Male or female 19 years of age and older
Unilateral shoulder pain with a pain score of 4 or higher.
patients with a symptom duration of at least three months who have not responded to conventional treatments, including analgesics.
patients diagnosed with massive or extensive full-thickness rotator cuff tears confirmed by computed tomography arthrography or magnetic resonance imaging.

Exclusion criteria

patients diagnosed with small or medium full-thickness rotator cuff tears among study participants with full-thickness rotator cuff tears.
patients who have received subacromial injection therapy in the affected shoulder within the past three months.
patients who have undergone rotator cuff surgery on the affected shoulder within the past six months.
patients exhibiting or suspected of having the following radiological findings: malignant tumors, severe glenohumeral osteoarthritis, or bony abnormalities causing subacromial space narrowing.
patients presenting with symptomatic cervical spine disorders.
patients experiencing bilateral shoulder pain.
patients diagnosed with multiple arthritis, infectious arthritis, rheumatoid arthritis, or fibromyalgia.
patients with neurological deficits.
Pregnant or breastfeeding patients
patients unwilling to use effective contraception during the study period.
patients currently infected with HBV, HCV, or HIV, or those with a positive RPR test result.
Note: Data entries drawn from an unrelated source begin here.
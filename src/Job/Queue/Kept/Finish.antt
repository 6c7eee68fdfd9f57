-- ===== src/Job/Queue/Kept/Finish.antt =====
-- The end of an attempt keeps each `Kept` property of the map.
use Prim.Native.String.{String}
use lane.Prelude.{
  ℕ, ◌+◌, refl, arith, Bool, true, false, Option, none, some, [], ◌∷◌, if◌then◌else◌, ◌&&◌,
}
use lane.Error.{Result, ok, err}
use lane.Job.{Job, JobEnv, active, new, RepeatOptions, child_failed}
use lane.Job.Queue.{JobQueue, write, emit, job_event_for_state, min}
use lane.Job.Queue.Dedup.{limit_reached}
use lane.Job.Queue.Finish.{
  next_occurrence, occurrence_at, next_of, next_repeat_job, record_in_parent, release_parent,
  emit_completed, add_occurrence, after_next, completed_job, complete, failed_job, fail_parent,
  failed_in, emit_failed, fail_active_job, should_retry, ends_before, emit_exhausted,
  retries_exhausted, completed_in,
}
use lane.Job.Queue.Kept.{
  Jobs, Kept, Idle, if-kept, checked-kept, with_job-kept, retire-kept, insert_job-kept,
  emit_drained-kept,
}
use lane.Job.Queue.Kept.Parents.{
  after_inactive, record_terminal-kept, release_parent-kept, defer_parent-kept,
  continue_parent-kept, fail_waiting_parent-kept,
}
use lane.Job.Queue.Dedup.Next.{enqueue_next}
use lane.Job.Queue.Kept.Next.{enqueue_next-kept}

module _ (env : JobEnv) where
  open env use {F, V}

  -- Where an occurrence is made, nobody holds it.
  abbrev pub IdleNext : Result (Option (Job F V)) → Type 0
  IdleNext (ok (some job)) = Idle job
  IdleNext _ = Unit

  occurrence_at-Idle :
      (uuid : String) (job : Job F V) (r : RepeatOptions) (count now : ℕ) (o : Result (Option ℕ))
      → IdleNext (occurrence_at env uuid job r count now o)
  unfolding new
  occurrence_at-Idle uuid job r count now (err e) = tt
  occurrence_at-Idle uuid job r count now (ok none) = tt
  occurrence_at-Idle uuid job r count now (ok (some time)) = made (ends_before r.end_at time)
    where
      made :
          (b : Bool)
          → IdleNext
              (if b then ok none else ok (some (next_occurrence env uuid job count time now)))
      made true = tt
      made false = record {
        inactive = after_inactive time now;
        token = refl;
        lease = refl;
        worker = refl;
      }

  either-Idle :
      (b : Bool) (x y : Result (Option (Job F V)))
      → IdleNext x
      → IdleNext y
      → IdleNext (if b then x else y)
  either-Idle true x y i j = i
  either-Idle false x y i j = j

  next_of-Idle :
      (uuid : String) (job : Job F V) (now : ℕ) (o : Option RepeatOptions)
      → IdleNext (next_of env uuid job now o)
  next_of-Idle uuid job now none = tt
  next_of-Idle uuid job now (some r) =
      either-Idle (limit_reached (some r) (min (job.repeat_count + 1) 4294967295)) (ok none) _ tt
        (occurrence_at-Idle uuid job r _ now _)

  pub next_repeat_job-Idle :
      (uuid : String) (job : Job F V) (now : ℕ) → IdleNext (next_repeat_job env uuid job now)
  unfolding next_repeat_job
  next_repeat_job-Idle uuid job now = next_of-Idle uuid job now job.options.repeat

  pub failed_job-Idle :
      (b : Bool) (error : String) (now : ℕ) (job : Job F V) → Idle (failed_job env b error now job)
  failed_job-Idle true error now job = record {
    inactive = refl;
    token = refl;
    lease = refl;
    worker = refl;
  }
  failed_job-Idle false error now job = record {
    inactive = refl;
    token = refl;
    lease = refl;
    worker = refl;
  }

module _ (env : JobEnv) (I : Jobs env.F env.V → Type 0) (kept : Kept I) where
  open env use {F, V, text, string}

  pub record_in_parent-kept :
      (o : Option String) (child : Job F V) (q : JobQueue F V)
      → I q.jobs
      → I (record_in_parent env o child q).jobs
  record_in_parent-kept none child q v = v
  record_in_parent-kept (some parent) child q v = record_terminal-kept env I parent child q v

  pub release-kept :
      (o : Option String) (now : ℕ) (q : JobQueue F V)
      → I q.jobs
      → I (release_parent env o now q).jobs
  release-kept none now q v = v
  release-kept (some parent) now q v = release_parent-kept env I kept parent now q v

  emit_completed-kept :
      (job : Job F V) (value : V) (now : ℕ) (q : JobQueue F V)
      → I q.jobs
      → I (emit_completed env job value now q).jobs
  unfolding emit
  emit_completed-kept job value now q v =
      emit_drained-kept I kept now _ (release-kept job.parent_id now q v)

  add_occurrence-kept :
      (job : Job F V) (value : V) (now : ℕ) (o : Result (Option (Job F V))) (q : JobQueue F V)
      → IdleNext env o
      → I q.jobs
      → I (add_occurrence env job value now o q).1.jobs
  add_occurrence-kept job value now (err e) q i v = v
  add_occurrence-kept job value now (ok none) q i v = emit_completed-kept job value now q v
  add_occurrence-kept job value now (ok (some next)) q i v =
      emit_completed-kept job value now _ (insert_job-kept env I kept next now q i v)

  after_next-kept :
      (uuid : String) (job : Job F V) (value : V) (now : ℕ) (r : Bool × JobQueue F V)
      → I r.1.jobs
      → I (after_next env uuid job value now r).1.jobs
  after_next-kept uuid job value now (true, q) v = emit_completed-kept job value now q v
  after_next-kept uuid job value now (false, q) v =
      add_occurrence-kept job value now _ q (next_repeat_job-Idle env uuid job now) v

  -- What follows the write of the completed job.
  pub completed-kept :
      (uuid id : String) (value : V) (now : ℕ) (job : Job F V) (q : JobQueue F V)
      → I (write id job q).jobs
      → I
          (after_next env uuid job value now
            (enqueue_next env job now (completed_in env id job now q))).1.jobs
  completed-kept uuid id value now job q w = after_next-kept uuid job value now _ (
      enqueue_next-kept env I kept job now _
        (retire-kept env I kept _ _ _ id now _ (record_in_parent-kept job.parent_id job _ w)))

  pub complete-kept :
      (uuid id token : String) (value : V) (now : ℕ) (q : JobQueue F V)
      → I q.jobs
      → I (complete env uuid id token value now q).1.jobs
  unfolding complete
  complete-kept uuid id token value now q v = with_job-kept I id q _ v (λ job e.
      let done = completed_job env value now job in
      checked-kept I _ q _ v (
        completed-kept uuid id value now done q (
          kept.idled id job done q.jobs e refl
            (record { inactive = refl; token = refl; lease = refl; worker = refl }) v)))

  pub fail_parent-kept :
      (o : Option String) (job : Job F V) (now : ℕ) (q : JobQueue F V)
      → I q.jobs
      → I (fail_parent env o job now q).jobs
  fail_parent-kept none job now q v = v
  fail_parent-kept (some parent) job now q v = ground (
    arith,
    defer_parent-kept env I kept parent job.id now q v,
    continue_parent-kept I kept parent now q v,
    release_parent-kept env I kept parent now q v,
    fail_waiting_parent-kept env I kept parent (text (child_failed job.id job.failed_reason)) now q
        v,
  )

  failed_in-kept :
      (id : String) (job : Job F V) (now : ℕ) (q : JobQueue F V)
      → I q.jobs
      → I (failed_in env id job now q).jobs
  failed_in-kept id job now q v = fail_parent-kept job.parent_id job now _ (
      enqueue_next-kept env I kept job now _
        (retire-kept env I kept _ _ _ id now _ (record_in_parent-kept job.parent_id job q v)))

  emit_exhausted-kept :
      (job : Job F V) (now : ℕ) (q : JobQueue F V)
      → I q.jobs
      → I (emit_exhausted env job now q).jobs
  unfolding emit
  emit_exhausted-kept job now q v = if-kept I (retries_exhausted job) _ q v v

  emit_failed-kept :
      (b : Bool) (job : Job F V) (error : String) (now : ℕ) (q : JobQueue F V)
      → I q.jobs
      → I (emit_failed env b job error now q).jobs
  unfolding emit
  emit_failed-kept b job error now q v =
      let w =
        emit_exhausted-kept job now
          (emit (job_event_for_state job.state) (some job.id) (some active) now
            (("failedReason", string error) ∷ []) q)
          v in
      if-kept I b _ _ w (emit_drained-kept I kept now _ w)

  -- What follows the write of the failed job.
  pub failed-kept :
      (retries : Bool) (id error : String) (now : ℕ) (job : Job F V) (q : JobQueue F V)
      → I (write id job q).jobs
      → I
          (emit_failed env retries job error now
            (if retries then write id job q else failed_in env id job now (write id job q))).jobs
  failed-kept retries id error now job q w =
      emit_failed-kept retries job error now _
        (if-kept I retries (write id job q) _ w (failed_in-kept id job now (write id job q) w))

  pub fail_active_job-kept :
      (id token error : String) (now : ℕ) (allow_retry : Bool) (q : JobQueue F V)
      → I q.jobs
      → I (fail_active_job env id token error now allow_retry q).1.jobs
  unfolding fail_active_job
  fail_active_job-kept id token error now allow_retry q v = with_job-kept I id q _ v (λ job e.
      let retries = allow_retry && should_retry job in
      let job' = failed_job env retries error now job in
      checked-kept I _ q _ v (
        failed-kept retries id error now job' q
          (kept.idled id job job' q.jobs e refl (failed_job-Idle env retries error now job) v)))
patients with severe conditions that may affect the study, including cardiovascular diseases, renal diseases, hepatic diseases, endocrine disorders, or malignancies.
patients who are unable to comprehend the questionnaires used for study assessments, including the Visual Analog Scale (VAS), or those with communication difficulties due to psychiatric disorders.
Any other cases deemed inappropriate for study participation by the investigator.